Demo-Interactive Presentation – Business Track
Saturday, Sept 29, 2012: 1:35 PM – 1:50 PM – Demo Pavilion

*Presenting Speaker

Multiple experts have underscored the need for more informed, engaged, and active health care consumers, but interventions aimed at promoting more active involvement in health care have had limited success with adoption, sustainability, or generalizability. Effective and scalable interventions that leverage cost effective and existing delivery channels are needed. This demonstration will showcase the Proactive Health Consumer Program (PHC)–an interactive, mobile-optimized computer-tailored intervention (CTI) and dynamic web portal that promotes personal responsibility for health and health care by promoting: informed decision making; shared decision making between patients and health care providers; financially responsible use of health services; and engaging in ongoing wellness activities.
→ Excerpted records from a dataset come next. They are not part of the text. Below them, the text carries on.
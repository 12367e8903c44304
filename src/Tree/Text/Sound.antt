-- ===== src/Tree/Text/Sound.antt =====
-- The tree of strings with fence 0, as the hub and the watcher make it, holds a map from strings.
use okscada.Prelude.{
  ℕ, ◌%◌, ◌<◌, ◌≡◌, refl, sym, ◌∙◌, ap, ◌≢◌, inl, inr, true, false, List, [], ◌∷◌, ◌++◌, Option,
  none, some, length, arith, if◌then◌else◌, append_assoc, Bool-cases,
}
use native.Mathlib.Decide.{dec_lt}
use okscada.Prelude.CString.{str_at, str_at-append, IsCStr, StringCompare, bytes_eq, bytes_eq_iff}
use okscada.Tree.{Tree, descend, ushort_mod}
use okscada.Tree.Walk.{TreeNode, node, found, no_links, nchars}
use okscada.Tree.Walk.Append.{appended, appended-Extends}
use okscada.Tree.Insert.{IsSound, Inserted, descend-agree, insert_at-Inserted}
use okscada.Tree.Numeric.{value, value-Inserted, value-none, insert_guard}
use okscada.Tree.Text.{str_root, str_probe, str_branch_insert}

-- The string at `key` ends inside the buffer: what is put behind the buffer does not change it.
abbrev pub EndsIn : List ℕ → ℕ → Type 0
EndsIn buf key = (rest : List ℕ) → str_at (buf ++ rest) key ≡ str_at buf key

pub record IsText (t : Tree) : Type 0 where
  pub sound : IsSound t
  pub plain : t.fence ≡ 0
  pub good : t.bad ≡ false
  pub lens : (i : ℕ) → 0 < i → i < length t.e_arr → (node t.e_arr i).len ≡ 0
  pub keys : (i : ℕ) → 0 < i → i < length t.e_arr → EndsIn t.s_buf (node t.e_arr i).key

pub EndsIn-append : (buf rest : List ℕ) (key : ℕ) → EndsIn buf key → EndsIn (buf ++ rest) key
EndsIn-append buf rest key h more =
    rw (append_assoc buf rest more) (h (rest ++ more) ∙ sym (h rest))

pub EndsIn-new : (buf s : List ℕ) → IsCStr s → EndsIn (buf ++ (s ++ 0 ∷ [])) (length buf)
EndsIn-new buf s h rest =
    rw (append_assoc buf (s ++ 0 ∷ []) rest, append_assoc s (0 ∷ []) rest)
      (str_at-append buf s rest h ∙ sym (str_at-append buf s [] h))

unequal : (s str : List ℕ) → bytes_eq s str ≡ false → s ≢ str
unequal s str d e = ground (arith, bytes_eq_iff s str)

pub str_root-lt : (s : List ℕ) → str_root s < nchars
str_root-lt [] = omega arith
str_root-lt (b ∷ bs) = omega arith

module _ (c : StringCompare) where
  -- The map that a tree of strings stands for.
  unfoldable pub text_lookup : Tree → List ℕ → Option ℕ
  text_lookup t s = value t (found (descend (str_probe c t.s_buf s) t (str_root s)))

  str_probe_zero :
      (buf s : List ℕ) (key len : ℕ) → len ≡ 0 → str_at buf key ≡ s → str_probe c buf s key len ≡ 0
  str_probe_zero buf s key len z e = rw (z, e) ((c.strcmp_iff s s).1 refl)

  str_probe_ne :
      (buf s : List ℕ) (key len : ℕ) → len ≡ 0 → str_at buf key ≢ s → str_probe c buf s key len ≢ 0
  str_probe_ne buf s key len z ne e = ne (sym ((c.strcmp_iff s (str_at buf key)).0 (rw z at e)))

  -- More text in the buffer changes no search.
  pub descend-more :
      (t : Tree) (s rest : List ℕ)
      → IsText t
      → descend (str_probe c (t.s_buf ++ rest) s) t (str_root s)
        ≡ descend (str_probe c t.s_buf s) t (str_root s)
  descend-more t s rest v =
      descend-agree (str_probe c (t.s_buf ++ rest) s) (str_probe c t.s_buf s) t (str_root s) v.sound
        (λ i a b. rw (v.keys i a b rest)) (str_root-lt s)

  -- `u` is `t` with one more string.
  pub record TextUpdated (t u : Tree) (str : List ℕ) (v : ℕ) : Type 0 where
    pub text : IsText u
    pub lookups :
        (s : List ℕ) → text_lookup u s ≡ (if bytes_eq s str then some v else text_lookup t s)

  module _ (t : Tree) (str : List ℕ) (v : ℕ) (w : IsText t) (h : IsCStr str) where
    abbrev pub more : Tree
    more = record t { s_buf = t.s_buf ++ (str ++ 0 ∷ []) }

    abbrev pub text_node : TreeNode
    text_node = record { val = v; key = length t.s_buf; len = 0; link = no_links }

    more-IsSound : IsSound more
    more-IsSound = record { up = w.sound.up; root_size = w.sound.root_size; roots = w.sound.roots }

    module _ (u : Tree)
        (x : Inserted (str_probe c more.s_buf str) more u (str_root str) text_node) where
      at_new : str_at more.s_buf (length t.s_buf) ≡ str
      at_new = str_at-append t.s_buf str [] h

      lens-Inserted : (i : ℕ) → 0 < i → i < length u.e_arr → (node u.e_arr i).len ≡ 0
      lens-Inserted i a b = elim (dec_lt i (length t.e_arr)) [
        | yes l ↦ x.extends.same_len i a l ∙ w.lens i a l
        | no g ↦
            let e : i ≡ length t.e_arr = omega (arith, x.extends.size) in rw (e, x.extends.last)
      ]

      keys-Inserted : (i : ℕ) → 0 < i → i < length u.e_arr → EndsIn u.s_buf (node u.e_arr i).key
      keys-Inserted i a b = rw x.same_buf (elim (dec_lt i (length t.e_arr)) [
        | yes l ↦
            rw (x.extends.same_key i a l) (EndsIn-append t.s_buf (str ++ 0 ∷ []) _ (w.keys i a l))
        | no g ↦
            let e : i ≡ length t.e_arr = omega (arith, x.extends.size) in
            rw (e, x.extends.last) (EndsIn-new t.s_buf str h)
      ])

      lookup-Inserted :
          (s : List ℕ) → text_lookup u s ≡ (if bytes_eq s str then some v else text_lookup t s)
      unfolding text_lookup
      lookup-Inserted s = elim (Bool-cases (bytes_eq s str)) [
        | inl e ↦
            rw (e, (bytes_eq_iff s str).0 e, x.same_buf, x.self)
              (ap (λ m. some m.val) x.extends.last)
        | inr d ↦
            let ne : str ≢ s = λ z. unequal s str d (sym z) in
            rw (d, x.same_buf)
              (value-Inserted (str_probe c more.s_buf s) more u (str_root str) text_node
                  (str_probe c more.s_buf str) (str_root s) more-IsSound (str_root-lt s) x
                  (str_probe_ne more.s_buf s (length t.s_buf) 0 refl (rw at_new ne))
                ∙ ap (λ o. value t (found o)) (descend-more t s (str ++ 0 ∷ []) w))
      ]

      pub Inserted-TextUpdated : TextUpdated t u str v
      Inserted-TextUpdated = record {
        text = record {
          sound = x.sound;
          plain = x.same_fence ∙ w.plain;
          good = x.same_bad ∙ w.good;
          lens = lens-Inserted;
          keys = keys-Inserted;
        };
        lookups = lookup-Inserted;
      }

    -- The new node goes in where the search for its string has found nothing.
    pub str_branch_insert-TextUpdated :
        length t.e_arr < ushort_mod
        → text_lookup t str ≡ none
        → let (u, rc) =
            str_branch_insert c
              (record more { e_arr = appended t.e_arr text_node })
              (length t.e_arr % ushort_mod) in
          TextUpdated t u str v × (rc ≡ true)
    unfolding text_lookup str_branch_insert
    str_branch_insert-TextUpdated room e =
        let pos = w.sound.up.nonempty in
        let small : length t.e_arr % ushort_mod ≡ length t.e_arr = omega arith in
        let none_found =
          value-none t (found (descend (str_probe c t.s_buf str) t (str_root str))) e in
        let (x, done) =
          insert_at-Inserted more text_node more-IsSound refl (str_root str) (str_root-lt str)
            (str_probe c more.s_buf str)
            (str_probe_zero more.s_buf str (length t.s_buf) 0 refl (str_at-append t.s_buf str [] h))
            (ap found (descend-more t str (str ++ 0 ∷ []) w) ∙ none_found) in
        rw
          (
            small,
            insert_guard t (length t.e_arr) (omega arith) w.good,
            (appended-Extends t.e_arr text_node refl).last,
            str_at-append t.s_buf str [] h,
          )
          (Inserted-TextUpdated _ x, done)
The program targets consumers in their roles as patients, purchasers, and providers of health care.
PHC is based on the Transtheoretical model (TTM), a leading model of behavior change that allows the tailoring of interventions to users’ readiness to change. Embedded in the program is a tailoring software engine that provides evidence-based behavior change messages for each participant based on his or her responses to reliable and valid assessments of behavior change variables, including readiness to change, perceived benefits and barriers, and self-efficacy. The portal is then dynamically built for each user. Tailored behavior change interventions of this nature are the key to bridging the gap between providing information and ensuring it is used.

Many of the activities are designed to assist the patient in maximizing the time available in their visit and communicating effectively with a busy health care provider. One interactive tool allows the patient to type in questions or concerns he or she might want to talk about with his/her doctor and rank them in the order of importance. The rank order can be changed as new issues arise. The list can be printed and taken to a doctor visit. In another activity, an interactive script maker gives the patient ideas about how to communicate with the doctor about 17 common issues (e.g., discussing an embarrassing topic). The scripts can be modified, printed or emailed to a health care provider. Thus patients are being assisted in getting ready to share in decision-making, being provided with tools to facilitate that participation, building listening and speaking skills, and interacting with activities to assist them in maximizing their visits and overcoming barriers to their participation—all without additional burden on the health care provider.

Feedback is dynamically updated for the user each time he or she returns to the program. The PHC program has the capacity to send individually tailored text messages to participants that provide both a reminder to return to the program and a behavior change communication that could increase use of appropriate change strategies. Sample text messages will be shared.
The PHC program can also be linked to other databases, benefit management systems, or electronic health records for seamless implementation. Planned deployment channels include community health centers, health insurers deploying consumer drive health care plans, employers, or primary care practices implementing a patient centered medical home model.